** Instructions for the task **
The stretch wanted below opens at the line containing "binop_precedence t_less = some 3" and closes at the line containing "same_written (some a)". Please return it exactly, with no other lines.

** Given records **
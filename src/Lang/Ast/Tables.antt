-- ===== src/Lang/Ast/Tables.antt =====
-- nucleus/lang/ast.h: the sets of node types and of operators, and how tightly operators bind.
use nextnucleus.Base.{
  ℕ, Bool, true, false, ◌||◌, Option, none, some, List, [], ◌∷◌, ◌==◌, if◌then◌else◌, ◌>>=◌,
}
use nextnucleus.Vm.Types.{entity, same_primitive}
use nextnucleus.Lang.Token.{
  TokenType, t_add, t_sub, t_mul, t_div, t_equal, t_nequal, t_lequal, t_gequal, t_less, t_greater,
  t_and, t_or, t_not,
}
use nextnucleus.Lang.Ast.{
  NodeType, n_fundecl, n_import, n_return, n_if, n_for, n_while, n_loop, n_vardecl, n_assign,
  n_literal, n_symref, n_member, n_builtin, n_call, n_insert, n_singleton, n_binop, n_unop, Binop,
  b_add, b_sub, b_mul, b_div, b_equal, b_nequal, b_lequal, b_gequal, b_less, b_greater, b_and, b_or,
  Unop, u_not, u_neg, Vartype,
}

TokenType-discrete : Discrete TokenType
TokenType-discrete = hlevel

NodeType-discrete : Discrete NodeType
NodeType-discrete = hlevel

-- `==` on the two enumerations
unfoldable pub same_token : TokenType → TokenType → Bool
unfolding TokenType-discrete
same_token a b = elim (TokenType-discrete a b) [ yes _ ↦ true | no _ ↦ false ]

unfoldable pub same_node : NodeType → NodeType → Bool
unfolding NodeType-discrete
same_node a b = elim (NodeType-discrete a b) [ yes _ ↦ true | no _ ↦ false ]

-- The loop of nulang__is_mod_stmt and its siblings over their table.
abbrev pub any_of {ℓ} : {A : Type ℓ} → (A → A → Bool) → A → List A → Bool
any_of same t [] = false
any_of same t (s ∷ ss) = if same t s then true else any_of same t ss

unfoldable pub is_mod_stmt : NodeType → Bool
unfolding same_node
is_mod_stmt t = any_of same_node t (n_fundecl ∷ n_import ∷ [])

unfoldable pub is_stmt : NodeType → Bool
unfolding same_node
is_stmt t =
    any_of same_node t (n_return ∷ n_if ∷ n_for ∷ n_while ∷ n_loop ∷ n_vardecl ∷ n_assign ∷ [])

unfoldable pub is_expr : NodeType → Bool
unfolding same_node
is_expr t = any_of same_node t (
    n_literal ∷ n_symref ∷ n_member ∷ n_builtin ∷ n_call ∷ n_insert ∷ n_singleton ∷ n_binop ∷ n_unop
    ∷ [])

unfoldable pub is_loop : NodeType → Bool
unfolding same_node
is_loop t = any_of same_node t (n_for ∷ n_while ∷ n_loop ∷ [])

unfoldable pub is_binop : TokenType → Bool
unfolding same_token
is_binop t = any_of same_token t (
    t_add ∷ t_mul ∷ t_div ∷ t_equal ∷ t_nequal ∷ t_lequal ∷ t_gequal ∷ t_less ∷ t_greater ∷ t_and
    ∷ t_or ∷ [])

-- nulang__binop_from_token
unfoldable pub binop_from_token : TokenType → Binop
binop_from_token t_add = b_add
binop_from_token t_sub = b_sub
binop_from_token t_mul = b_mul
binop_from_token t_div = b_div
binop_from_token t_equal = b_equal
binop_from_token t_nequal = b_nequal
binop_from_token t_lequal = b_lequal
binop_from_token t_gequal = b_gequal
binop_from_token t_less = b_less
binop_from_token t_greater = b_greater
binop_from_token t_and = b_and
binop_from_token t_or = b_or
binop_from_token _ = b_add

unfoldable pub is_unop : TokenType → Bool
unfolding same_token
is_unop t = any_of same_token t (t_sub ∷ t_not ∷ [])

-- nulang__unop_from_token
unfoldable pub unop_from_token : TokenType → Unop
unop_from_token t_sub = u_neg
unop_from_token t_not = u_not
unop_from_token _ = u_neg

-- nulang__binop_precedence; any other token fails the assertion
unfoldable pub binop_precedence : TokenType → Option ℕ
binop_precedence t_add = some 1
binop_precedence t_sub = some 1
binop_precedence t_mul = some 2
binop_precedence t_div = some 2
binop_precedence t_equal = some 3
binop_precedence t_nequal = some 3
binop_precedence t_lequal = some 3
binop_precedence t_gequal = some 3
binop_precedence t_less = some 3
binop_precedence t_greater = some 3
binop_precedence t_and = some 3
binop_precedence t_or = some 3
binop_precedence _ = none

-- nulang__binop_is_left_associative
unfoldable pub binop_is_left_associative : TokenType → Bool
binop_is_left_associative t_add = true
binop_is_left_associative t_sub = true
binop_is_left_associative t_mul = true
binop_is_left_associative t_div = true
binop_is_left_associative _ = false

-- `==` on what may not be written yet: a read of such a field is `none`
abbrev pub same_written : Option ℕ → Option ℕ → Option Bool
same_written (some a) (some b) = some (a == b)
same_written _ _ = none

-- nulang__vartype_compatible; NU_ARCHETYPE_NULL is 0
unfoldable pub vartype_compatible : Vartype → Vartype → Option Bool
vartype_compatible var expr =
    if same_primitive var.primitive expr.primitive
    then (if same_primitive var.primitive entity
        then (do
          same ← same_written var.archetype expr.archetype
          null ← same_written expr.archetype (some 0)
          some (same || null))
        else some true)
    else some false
...
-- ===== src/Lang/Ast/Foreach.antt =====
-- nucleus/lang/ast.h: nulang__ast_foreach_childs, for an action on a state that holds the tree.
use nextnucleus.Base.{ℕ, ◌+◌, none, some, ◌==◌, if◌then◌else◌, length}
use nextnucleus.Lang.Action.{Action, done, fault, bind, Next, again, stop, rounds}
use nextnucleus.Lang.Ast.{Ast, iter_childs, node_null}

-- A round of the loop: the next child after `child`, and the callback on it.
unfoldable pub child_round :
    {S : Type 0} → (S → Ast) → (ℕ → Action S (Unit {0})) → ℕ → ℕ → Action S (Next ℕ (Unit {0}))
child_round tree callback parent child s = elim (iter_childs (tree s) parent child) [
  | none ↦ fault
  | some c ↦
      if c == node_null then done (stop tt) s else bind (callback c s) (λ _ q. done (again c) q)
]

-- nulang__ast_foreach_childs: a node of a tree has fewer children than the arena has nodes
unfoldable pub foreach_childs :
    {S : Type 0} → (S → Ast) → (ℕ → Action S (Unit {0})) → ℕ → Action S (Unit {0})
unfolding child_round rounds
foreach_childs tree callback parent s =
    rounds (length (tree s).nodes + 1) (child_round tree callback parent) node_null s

** Reply **
binop_precedence t_less = some 3
binop_precedence t_greater = some 3
binop_precedence t_and = some 3
binop_precedence t_or = some 3
binop_precedence _ = none

-- nulang__binop_is_left_associative
unfoldable pub binop_is_left_associative : TokenType → Bool
binop_is_left_associative t_add = true
binop_is_left_associative t_sub = true
binop_is_left_associative t_mul = true
binop_is_left_associative t_div = true
binop_is_left_associative _ = false

-- `==` on what may not be written yet: a read of such a field is `none`
abbrev pub same_written : Option ℕ → Option ℕ → Option Bool
same_written (some a) (some b) = some (a == b)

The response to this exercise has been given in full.